### Records supplied ###

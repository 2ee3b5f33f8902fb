-- ===== src/Mux/Invariant.antt =====
-- mux.go: what holds of the calls, the table and the reader, and of a change to one of them.
use isopace.Common.{
  ℕ, ◌≡◌, ◌≢◌, ◌∙◌, sym, ap, inl, inr, false, Option, none, some, Bytes, ok, eq_bytes, eq_bytes_iff,
}
use isopace.Common.Tables.{assign_key, assign, assign_key-cases, assign-cases}
use isopace.Mux.Steps.{
  Config, Mux, Call, idle, refused, active, Phase, waiting, leaving, returned, receiving,
  delivering, ended, new_mux, response_key,
}
use mathlib.Core.Path.{subst}

-- What a call got or returned is a frame that the response keyer gives its key.
abbrev pub PhaseOf : {C : Type 0} → Config C → Bytes → Phase C → Type 0
PhaseOf cfg k (leaving (ok msg)) = response_key cfg msg ≡ ok k
PhaseOf cfg k (returned (ok msg)) = response_key cfg msg ≡ ok k
PhaseOf cfg k _ = Unit

abbrev pub BufferOf : {C : Type 0} → Config C → Bytes → Option Bytes → Type 0
BufferOf cfg k none = Unit
BufferOf cfg k (some msg) = response_key cfg msg ≡ ok k

abbrev pub CallOf : {C : Type 0} → Config C → Call C → Type 0
CallOf cfg (active req k ch at) = (cfg.key req ≡ ok k) × BufferOf cfg k ch × PhaseOf cfg k at
CallOf cfg _ = Unit

abbrev pub IsRunning : {C : Type 0} → Phase C → Type 0
IsRunning (returned _) = ⊥
IsRunning _ = Unit

-- The call may be in the table under `k`: it has no frame yet and has not returned.
abbrev pub Waits : {C : Type 0} → Bytes → Call C → Type 0
Waits k (active _ k' none at) = (k' ≡ k) × IsRunning at
Waits k _ = ⊥

-- The call may be given the frame: its channel is empty.
abbrev pub Expects : {C : Type 0} → Config C → Bytes → Call C → Type 0
Expects cfg msg (active _ k none _) = response_key cfg msg ≡ ok k
Expects cfg msg _ = ⊥

pub record IsSound {C : Type 0} (cfg : Config C) (m : Mux C) : Type 0 where
  pub calls : (i : ℕ) → CallOf cfg (m.calls i)
  pub pending : (k : Bytes) (i : ℕ) → m.pending k ≡ some i → Waits k (m.calls i)
  pub expects : (i : ℕ) (msg : Bytes) → m.reader ≡ delivering i msg → Expects cfg msg (m.calls i)
  pub apart : (i : ℕ) (msg k : Bytes) → m.reader ≡ delivering i msg → m.pending k ≢ some i

module _ {C : Type 0} (cfg : Config C) where
  pub new_mux-IsSound : IsSound cfg new_mux
  new_mux-IsSound = record {
    calls = λ i. tt;
    pending = λ k i q. cc;
    expects = λ i msg q. cc;
    apart = λ i msg k q e. cc;
  }

  -- A step that changes one call, and neither the table nor the reader.
  module _ {m : Mux C} (h : IsSound cfg m) (i : ℕ) (c : Call C) where
    pub update-IsSound :
        CallOf cfg c
        → ((k : Bytes) → Waits k (m.calls i) → Waits k c)
        → ((msg : Bytes) → Expects cfg msg (m.calls i) → Expects cfg msg c)
        → IsSound cfg (record m { calls = assign m.calls i c })
    update-IsSound hc hw he = record {
      calls = λ j. elim (assign-cases m.calls i c j) [
        | inl (e, q) ↦ subst (CallOf cfg) (sym q) hc
        | inr (e, q) ↦ subst (CallOf cfg) (sym q) (h.calls j)
      ];
      pending = λ k j p. elim (assign-cases m.calls i c j) [
        | inl (e, q) ↦
            subst (Waits k) (sym q) (hw k (subst (λ x. Waits k (m.calls x)) e (h.pending k j p)))
        | inr (e, q) ↦ subst (Waits k) (sym q) (h.pending k j p)
      ];
      expects = λ j msg p. elim (assign-cases m.calls i c j) [
        | inl (e, q) ↦
            subst (Expects cfg msg) (sym q)
              (he msg (subst (λ x. Expects cfg msg (m.calls x)) e (h.expects j msg p)))
        | inr (e, q) ↦ subst (Expects cfg msg) (sym q) (h.expects j msg p)
      ];
      apart = λ j msg k p. h.apart j msg k p;
    }

  Waits-phase :
      (req k : Bytes) (ch : Option Bytes) (at to : Phase C) (j : Bytes)
      → IsRunning to
      → Waits j (active req k ch at)
      → Waits j (active req k ch to)
  Waits-phase req k none at to j r w = (w.0, r)
  Waits-phase req k (some _) at to j r w = absurd w

  pub Expects-phase :
      (req k : Bytes) (ch : Option Bytes) (at to : Phase C) (msg : Bytes)
      → Expects cfg msg (active req k ch at)
      → Expects cfg msg (active req k ch to)
  Expects-phase req k none at to msg e = e
  Expects-phase req k (some _) at to msg e = absurd e

  module _ {m : Mux C} (h : IsSound cfg m) (i : ℕ) {req k : Bytes} {ch : Option Bytes}
      {at : Phase C} (p : m.calls i ≡ active req k ch at) where
    pub call_of : CallOf cfg (active req k ch at)
    call_of = subst (CallOf cfg) p (h.calls i)

    -- A step of a call that keeps its channel and does not return.
    pub advance-IsSound :
        (to : Phase C)
        → IsRunning to
        → PhaseOf cfg k to
        → IsSound cfg (record m { calls = assign m.calls i (active req k ch to) })
    advance-IsSound to r o =
        update-IsSound h i _ (call_of.0, call_of.1, o)
          (λ j w. Waits-phase req k ch at to j r (subst (Waits j) p w))
          (λ msg e. Expects-phase req k ch at to msg (subst (Expects cfg msg) p e))

  pub answer-IsSound :
      {m : Mux C} (h : IsSound cfg m) (i : ℕ) {req k msg : Bytes}
      → m.calls i ≡ active req k (some msg) waiting
      → IsSound cfg (record m { calls = assign m.calls i (active req k none (leaving (ok msg))) })
  answer-IsSound h i p =
      let c = call_of h i p in
      update-IsSound h i _ (c.0, tt, c.1) (λ j w. absurd (subst (Waits j) p w))
        (λ f e. absurd (subst (Expects cfg f) p e))

  -- The table loses the entry of a key.
  pub delete-IsSound :
      {m : Mux C} (h : IsSound cfg m) (k : Bytes)
      → IsSound cfg (record m { pending = assign_key m.pending k none })
  delete-IsSound {m} h k = record {
    calls = h.calls;
    pending = λ j i p. h.pending j i (kept j i p);
    expects = h.expects;
    apart = λ i msg j d p. h.apart i msg j d (kept j i p);
  }
    where
      kept : (j : Bytes) (i : ℕ) → assign_key m.pending k none j ≡ some i → m.pending j ≡ some i
      kept j i p = elim (assign_key-cases m.pending k none j) [
        | inl (_, q) ↦ cc
        | inr (_, q) ↦ sym q ∙ p
      ]

  pub Waits_one :
      {m : Mux C} (h : IsSound cfg m) {j k : Bytes} {i : ℕ}
      → m.pending j ≡ some i
      → m.pending k ≡ some i
      → j ≡ k
  Waits_one {m} h {j} {k} {i} p q = one (m.calls i) (h.pending j i p) (h.pending k i q)
    where
      one : (c : Call C) → Waits j c → Waits k c → j ≡ k
      one (active _ _ none at) v w = sym v.0 ∙ w.0
      one idle v w = absurd v
      one (refused _) v w = absurd v
      one (active _ _ (some _) at) v w = absurd v

  pub delivering_injective :
      {i j : ℕ} {f g : Bytes} → delivering i f ≡ delivering j g → (i ≡ j) × (f ≡ g)
  delivering_injective {i} {f = f} e = (
    ap (λ r. elim r [ delivering x _ ↦ x | receiving ↦ i | ended ↦ i ]) e,
    ap (λ r. elim r [ delivering _ y ↦ y | receiving ↦ f | ended ↦ f ]) e,
  )

  pub eq_false : {x k : Bytes} → eq_bytes x k ≡ false → x ≢ k
  eq_false {x} {k} ne e = cc (sym ((eq_bytes_iff x k).1 e) ∙ ne)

###

Task to complete:
Copy the records word for word.

Written response:
repository 2ee3b5f33f8902fb
-- ===== src/Mux/Invariant.antt =====
-- mux.go: what holds of the calls, the table and the reader, and of a change to one of them.
use isopace.Common.{
  ℕ, ◌≡◌, ◌≢◌, ◌∙◌, sym, ap, inl, inr, false, Option, none, some, Bytes, ok, eq_bytes, eq_bytes_iff,
}
use isopace.Common.Tables.{assign_key, assign, assign_key-cases, assign-cases}
use isopace.Mux.Steps.{
  Config, Mux, Call, idle, refused, active, Phase, waiting, leaving, returned, receiving,
  delivering, ended, new_mux, response_key,
}
use mathlib.Core.Path.{subst}

-- What a call got or returned is a frame that the response keyer gives its key.
abbrev pub PhaseOf : {C : Type 0} → Config C → Bytes → Phase C → Type 0
PhaseOf cfg k (leaving (ok msg)) = response_key cfg msg ≡ ok k
PhaseOf cfg k (returned (ok msg)) = response_key cfg msg ≡ ok k
PhaseOf cfg k _ = Unit

abbrev pub BufferOf : {C : Type 0} → Config C → Bytes → Option Bytes → Type 0
BufferOf cfg k none = Unit
BufferOf cfg k (some msg) = response_key cfg msg ≡ ok k

abbrev pub CallOf : {C : Type 0} → Config C → Call C → Type 0
CallOf cfg (active req k ch at) = (cfg.key req ≡ ok k) × BufferOf cfg k ch × PhaseOf cfg k at
CallOf cfg _ = Unit

abbrev pub IsRunning : {C : Type 0} → Phase C → Type 0
IsRunning (returned _) = ⊥
IsRunning _ = Unit

-- The call may be in the table under `k`: it has no frame yet and has not returned.
abbrev pub Waits : {C : Type 0} → Bytes → Call C → Type 0
Waits k (active _ k' none at) = (k' ≡ k) × IsRunning at
Waits k _ = ⊥

-- The call may be given the frame: its channel is empty.
abbrev pub Expects : {C : Type 0} → Config C → Bytes → Call C → Type 0
Expects cfg msg (active _ k none _) = response_key cfg msg ≡ ok k
Expects cfg msg _ = ⊥

pub record IsSound {C : Type 0} (cfg : Config C) (m : Mux C) : Type 0 where
  pub calls : (i : ℕ) → CallOf cfg (m.calls i)
  pub pending : (k : Bytes) (i : ℕ) → m.pending k ≡ some i → Waits k (m.calls i)
  pub expects : (i : ℕ) (msg : Bytes) → m.reader ≡ delivering i msg → Expects cfg msg (m.calls i)
  pub apart : (i : ℕ) (msg k : Bytes) → m.reader ≡ delivering i msg → m.pending k ≢ some i

module _ {C : Type 0} (cfg : Config C) where
  pub new_mux-IsSound : IsSound cfg new_mux
  new_mux-IsSound = record {
    calls = λ i. tt;
    pending = λ k i q. cc;
    expects = λ i msg q. cc;
    apart = λ i msg k q e. cc;
  }

  -- A step that changes one call, and neither the table nor the reader.
  module _ {m : Mux C} (h : IsSound cfg m) (i : ℕ) (c : Call C) where
    pub update-IsSound :
        CallOf cfg c
        → ((k : Bytes) → Waits k (m.calls i) → Waits k c)
        → ((msg : Bytes) → Expects cfg msg (m.calls i) → Expects cfg msg c)
        → IsSound cfg (record m { calls = assign m.calls i c })
    update-IsSound hc hw he = record {
      calls = λ j. elim (assign-cases m.calls i c j) [
        | inl (e, q) ↦ subst (CallOf cfg) (sym q) hc
        | inr (e, q) ↦ subst (CallOf cfg) (sym q) (h.calls j)
      ];
      pending = λ k j p. elim (assign-cases m.calls i c j) [
        | inl (e, q) ↦
            subst (Waits k) (sym q) (hw k (subst (λ x. Waits k (m.calls x)) e (h.pending k j p)))
        | inr (e, q) ↦ subst (Waits k) (sym q) (h.pending k j p)
      ];
      expects = λ j msg p. elim (assign-cases m.calls i c j) [
        | inl (e, q) ↦
            subst (Expects cfg msg) (sym q)
              (he msg (subst (λ x. Expects cfg msg (m.calls x)) e (h.expects j msg p)))
        | inr (e, q) ↦ subst (Expects cfg msg) (sym q) (h.expects j msg p)
      ];
      apart = λ j msg k p. h.apart j msg k p;
    }

  Waits-phase :
      (req k : Bytes) (ch : Option Bytes) (at to : Phase C) (j : Bytes)
      → IsRunning to
      → Waits j (active req k ch at)
      → Waits j (active req k ch to)
  Waits-phase req k none at to j r w = (w.0, r)
  Waits-phase req k (some _) at to j r w = absurd w

  pub Expects-phase :
      (req k : Bytes) (ch : Option Bytes) (at to : Phase C) (msg : Bytes)
      → Expects cfg msg (active req k ch at)
      → Expects cfg msg (active req k ch to)
  Expects-phase req k none at to msg e = e
  Expects-phase req k (some _) at to msg e = absurd e

  module _ {m : Mux C} (h : IsSound cfg m) (i : ℕ) {req k : Bytes} {ch : Option Bytes}
      {at : Phase C} (p : m.calls i ≡ active req k ch at) where
    pub call_of : CallOf cfg (active req k ch at)
    call_of = subst (CallOf cfg) p (h.calls i)

    -- A step of a call that keeps its channel and does not return.
    pub advance-IsSound :
        (to : Phase C)
        → IsRunning to
        → PhaseOf cfg k to
        → IsSound cfg (record m { calls = assign m.calls i (active req k ch to) })
    advance-IsSound to r o =
        update-IsSound h i _ (call_of.0, call_of.1, o)
          (λ j w. Waits-phase req k ch at to j r (subst (Waits j) p w))
          (λ msg e. Expects-phase req k ch at to msg (subst (Expects cfg msg) p e))

  pub answer-IsSound :
      {m : Mux C} (h : IsSound cfg m) (i : ℕ) {req k msg : Bytes}
      → m.calls i ≡ active req k (some msg) waiting
      → IsSound cfg (record m { calls = assign m.calls i (active req k none (leaving (ok msg))) })
  answer-IsSound h i p =
      let c = call_of h i p in
      update-IsSound h i _ (c.0, tt, c.1) (λ j w. absurd (subst (Waits j) p w))
        (λ f e. absurd (subst (Expects cfg f) p e))

  -- The table loses the entry of a key.
  pub delete-IsSound :
      {m : Mux C} (h : IsSound cfg m) (k : Bytes)
      → IsSound cfg (record m { pending = assign_key m.pending k none })
  delete-IsSound {m} h k = record {
    calls = h.calls;
    pending = λ j i p. h.pending j i (kept j i p);
    expects = h.expects;
    apart = λ i msg j d p. h.apart i msg j d (kept j i p);
  }
    where
      kept : (j : Bytes) (i : ℕ) → assign_key m.pending k none j ≡ some i → m.pending j ≡ some i
      kept j i p = elim (assign_key-cases m.pending k none j) [
        | inl (_, q) ↦ cc
        | inr (_, q) ↦ sym q ∙ p
      ]

  pub Waits_one :
      {m : Mux C} (h : IsSound cfg m) {j k : Bytes} {i : ℕ}
      → m.pending j ≡ some i
      → m.pending k ≡ some i
      → j ≡ k
  Waits_one {m} h {j} {k} {i} p q = one (m.calls i) (h.pending j i p) (h.pending k i q)
    where
      one : (c : Call C) → Waits j c → Waits k c → j ≡ k
      one (active _ _ none at) v w = sym v.0 ∙ w.0
      one idle v w = absurd v
      one (refused _) v w = absurd v
      one (active _ _ (some _) at) v w = absurd v

  pub delivering_injective :
      {i j : ℕ} {f g : Bytes} → delivering i f ≡ delivering j g → (i ≡ j) × (f ≡ g)
  delivering_injective {i} {f = f} e = (
    ap (λ r. elim r [ delivering x _ ↦ x | receiving ↦ i | ended ↦ i ]) e,
    ap (λ r. elim r [ delivering _ y ↦ y | receiving ↦ f | ended ↦ f ]) e,
  )

  pub eq_false : {x k : Bytes} → eq_bytes x k ≡ false → x ≢ k
  eq_false {x} {k} ne e = cc (sym ((eq_bytes_iff x k).1 e) ∙ ne)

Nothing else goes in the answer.